Effect of fostatinib/fotantinib on refractory ITP
Fostamatinib is an oral small molecule kinase inhibitor that is regarded as an important complementary option in the treatment of chronic immune thrombocytopenia (ITP) overseas. It is especially suitable for refractory patients who have failed to respond to multiple lines of previous treatments. From the perspective of its mechanism of action, fostatinib interferes with the antibody-mediated platelet destruction process by inhibiting the spleen tyrosine kinase (SYK) signaling pathway, which is different from traditional treatment ideas that rely on "suppression of immunity" or "stimulation of platelet production." This mechanism makes it unique in some patients with long-term recurrent exacerbations and unsatisfactory response to glucocorticoids, gamma globulin or TPO receptor agonists.

Overseas research and clinical practice have shown that the efficacy of fostatinib is not “short-term rapid platelet rise”, but rather a gradual improvement in platelet stability.

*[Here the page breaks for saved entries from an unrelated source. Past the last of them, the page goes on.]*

-- ===== src/DomainStateMachine.antt =====
-- src/domain-state-machine/domain-state-machine.ts, transition.ts, snapshot.ts and definition.ts. A
-- definition and a snapshot are well typed here, so the tests of their shape pass and a prepared
-- definition is the definition itself; an input may be any value. Callbacks are functions: they neither change what
-- they are given nor call the machine. The three sections' predicates say which contexts, inputs and
-- outputs the deep copy accepts; a copy is an equal value.
mod Types
mod Callbacks
pub mod Analyzer
pub mod Visited
pub mod SearchEnds
pub mod Search
mod Tests
pub mod Agreement
pub mod Runs
pub mod Reachable
pub mod Validation
pub mod Outgoing
pub mod Edges
unfoldable pub use Types.*
unfoldable pub use Callbacks.*
use ddd_kit_ts.Base.{
  Bool, true, false, not, ◌||◌, Option, none, some, List, [], ◌∷◌, if◌then◌else◌, Outcome, ok,
  throws, ◌>>=◌, get_or,
}
use ddd_kit_ts.Base.JsMap
use ddd_kit_ts.Base.JsMap.{JsMap}
use ddd_kit_ts.Base.JsString.{JsString, JsString-discrete}

-- The machine; `evaluating` is set while a call runs its callbacks.
pub record DomainStateMachine (C I O D X : Type 0) : Type 0 where
  pub definition : DomainMachineDefinition C I O D X
  pub snapshot : DomainMachineSnapshot C
  pub evaluating : Bool

module _ {C I O D X : Type 0} (context_copies : C → Bool)
    (input_copies : DomainMachineInput I → Bool) (outputs_copy : List O → Bool) where
  unfoldable pub create_snapshot : JsString → C → Outcome (Error D X) (DomainMachineSnapshot C)
  create_snapshot state context =
      if context_copies context
      then ok (record { state = state; context = context })
      else throws Error.invalid_context

  unfoldable pub create_initial :
      DomainMachineDefinition C I O D X → Outcome (Error D X) (DomainMachineSnapshot C)
  unfolding create_snapshot validate_snapshot_invariant
  create_initial d = elim d.initial_context [
    | throws x ↦ throws (Error.raised x)
    | ok context ↦
        create_snapshot d.initial context >>= λ s. validate_snapshot_invariant d s >>= λ _. ok s
  ]

  unfoldable pub prepare_snapshot :
      DomainMachineDefinition C I O D X
      → DomainMachineSnapshot C
      → Outcome (Error D X) (DomainMachineSnapshot C)
  unfolding create_snapshot validate_snapshot_invariant JsString-discrete
  prepare_snapshot d s =
      if JsMap.has JsString-discrete s.state d.states
      then (create_snapshot s.state s.context >>= λ copy.
          validate_snapshot_invariant d copy >>= λ _. ok copy)
      else throws (Error.unknown_snapshot_state s.state)

  -- `canTransitionPreparedDomainState` of an input that has passed `isDomainMachineInput`.
  unfoldable pub can_transition_input :
      DomainMachineDefinition C I O D X
      → DomainMachineSnapshot C
      → DomainMachineInput I
      → Outcome (Error D X) Bool
  unfolding transition_of run_guard JsString-discrete
  can_transition_input d s input = elim (node_at d s.state) [
    | none ↦ throws Error.no_node
    | some node ↦ elim (transition_of node input.input_type) [
      | none ↦ ok false
      | some t ↦
          if input_copies input
          then (run_guard t s input >>= λ decided. ok decided.0)
          else throws Error.invalid_input
    ]
  ]

  -- `canTransitionPreparedDomainState`
  unfoldable pub can_transition :
      DomainMachineDefinition C I O D X
      → DomainMachineSnapshot C
      → RuntimeInput I
      → Outcome (Error D X) Bool
  unfolding can_transition_input
  can_transition d s (domain_input input) = can_transition_input d s input
  can_transition d s other_value = ok false

  -- `validateDomainMachineInput`, which narrows its argument.
  unfoldable pub validate_input : RuntimeInput I → Outcome (Error D X) (DomainMachineInput I)
  validate_input (domain_input input) = ok input
  validate_input other_value = throws Error.invalid_input

  -- The snapshot after the transition. A context that is left out, or returned as the same
  -- reference, is `none`: it is the one before, which the machine has copied already.
  unfoldable pub next_snapshot :
      DomainTransition C I O D X
      → DomainMachineSnapshot C
      → Option C
      → Outcome (Error D X) (DomainMachineSnapshot C)
  unfolding create_snapshot
  next_snapshot t s none = ok (record { state = t.target; context = s.context })
  next_snapshot t s (some context) = create_snapshot t.target context

  -- The part of `transitionPreparedDomainState` after the guard.
  unfoldable pub apply_transition :
      DomainMachineDefinition C I O D X
      → DomainMachineSnapshot C
      → DomainMachineInput I
      → DomainTransition C I O D X
      → Outcome (Error D X) (DomainTransitionOutcome C O)
  unfolding run_reduce next_snapshot validate_snapshot_invariant
  apply_transition d s input t = run_reduce t s input >>= λ result.
      next_snapshot t s result.0 >>= λ next. validate_snapshot_invariant d next >>= λ _.
      if outputs_copy (get_or result.1 [])
      then ok
          (record { from = s.state; to = t.target; snapshot = next; outputs = get_or result.1 [] })
      else throws Error.invalid_outputs

  -- `transitionPreparedDomainState` of an input that has passed its validation.
  unfoldable pub transition_input :
      DomainMachineDefinition C I O D X
      → DomainMachineSnapshot C
      → DomainMachineInput I
      → Outcome (Error D X) (DomainTransitionOutcome C O)
  unfolding transition_of run_guard enforce_guard apply_transition JsString-discrete
  transition_input d s input = elim (node_at d s.state) [
    | none ↦ throws Error.no_node
    | some node ↦ elim (transition_of node input.input_type) [
      | none ↦ throws (Error.invalid_transition s.state input.input_type)
      | some t ↦
          if input_copies input
          then (run_guard t s input >>= λ decided.
              enforce_guard s.state input.input_type decided >>= λ _. apply_transition d s input t)
          else throws Error.invalid_input
    ]
  ]

  -- `transitionPreparedDomainState`
  unfoldable pub transition :
      DomainMachineDefinition C I O D X
      → DomainMachineSnapshot C
      → RuntimeInput I
      → Outcome (Error D X) (DomainTransitionOutcome C O)
  unfolding validate_input transition_input
  transition d s unknown = validate_input unknown >>= λ input. transition_input d s input

  -- The functions without a machine: each validates the definition and prepares the snapshot first.
  unfoldable pub create_initial_domain_machine_snapshot :
      DomainMachineDefinition C I O D X → Outcome (Error D X) (DomainMachineSnapshot C)
  unfolding validate_definition create_initial
  create_initial_domain_machine_snapshot d = validate_definition d >>= λ _. create_initial d

  unfoldable pub can_transition_domain_state :
      DomainMachineDefinition C I O D X
      → DomainMachineSnapshot C
      → RuntimeInput I
      → Outcome (Error D X) Bool
  unfolding validate_definition prepare_snapshot can_transition
  can_transition_domain_state d s input = validate_definition d >>= λ _.
      prepare_snapshot d s >>= λ prepared. can_transition d prepared input

  unfoldable pub transition_domain_state :
      DomainMachineDefinition C I O D X
      → DomainMachineSnapshot C
      → RuntimeInput I
      → Outcome (Error D X) (DomainTransitionOutcome C O)
  unfolding validate_definition prepare_snapshot transition
  transition_domain_state d s input = validate_definition d >>= λ _.
      prepare_snapshot d s >>= λ prepared. transition d prepared input

  -- The constructor, with a snapshot to resume from or without one.
  unfoldable pub new :
      DomainMachineDefinition C I O D X
      → Option (DomainMachineSnapshot C)
      → Outcome (Error D X) (DomainStateMachine C I O D X)
  unfolding validate_definition create_initial prepare_snapshot
  new d supplied = do
    _ ← validate_definition d
    s ← elim supplied [ none ↦ create_initial d | some s ↦ prepare_snapshot d s ]
    ok (record { definition = d; snapshot = s; evaluating = false })

  unfoldable pub is_terminal : DomainStateMachine C I O D X → Bool
  unfolding JsString-discrete
  is_terminal m = elim (node_at m.definition m.snapshot.state) [
    | none ↦ false
    | some node ↦ node.terminal
  ]

  unfoldable pub can : DomainStateMachine C I O D X → RuntimeInput I → Outcome (Error D X) Bool
  unfolding can_transition
  can m input =
      if m.evaluating then throws Error.reentrant else can_transition m.definition m.snapshot input

  unfoldable pub dispatch :
      DomainStateMachine C I O D X
      → RuntimeInput I
      → Outcome (Error D X) (DomainTransitionOutcome C O) × DomainStateMachine C I O D X
  unfolding transition
  dispatch m input =
      if m.evaluating
      then (throws Error.reentrant, m)
      else elim (transition m.definition m.snapshot input) [
        | throws e ↦ (throws e, m)
        | ok outcome ↦ (ok outcome, record m { snapshot = outcome.snapshot })
      ]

In some patients, platelet counts can be observed to be maintained within a relatively safe range after continued medication, thereby reducing the risk of bleeding and reducing reliance on emergency platelet therapy. For long-term ITP patients, this "stable and sustainable" efficacy is of great significance in clinical management, especially for patients who want to reduce hormone exposure or frequent infusion therapy.
Judging from real-world experience, the positioning of fostatinib in refractoryITP has gradually become clear: it does not replace all existing therapies, but serves as one of the important options after multi-line treatment. Some overseas hematologists have found in practice that fostatinib is more suitable for patients with a longer course of disease and where immune-mediated platelet destruction is the dominant factor. Compared with drugs that simply stimulate bone marrow hematopoiesis, its action path is closer to the immune pathogenesis of ITP, which is also an important reason why it has been repeatedly discussed and recommended in refractory ITP.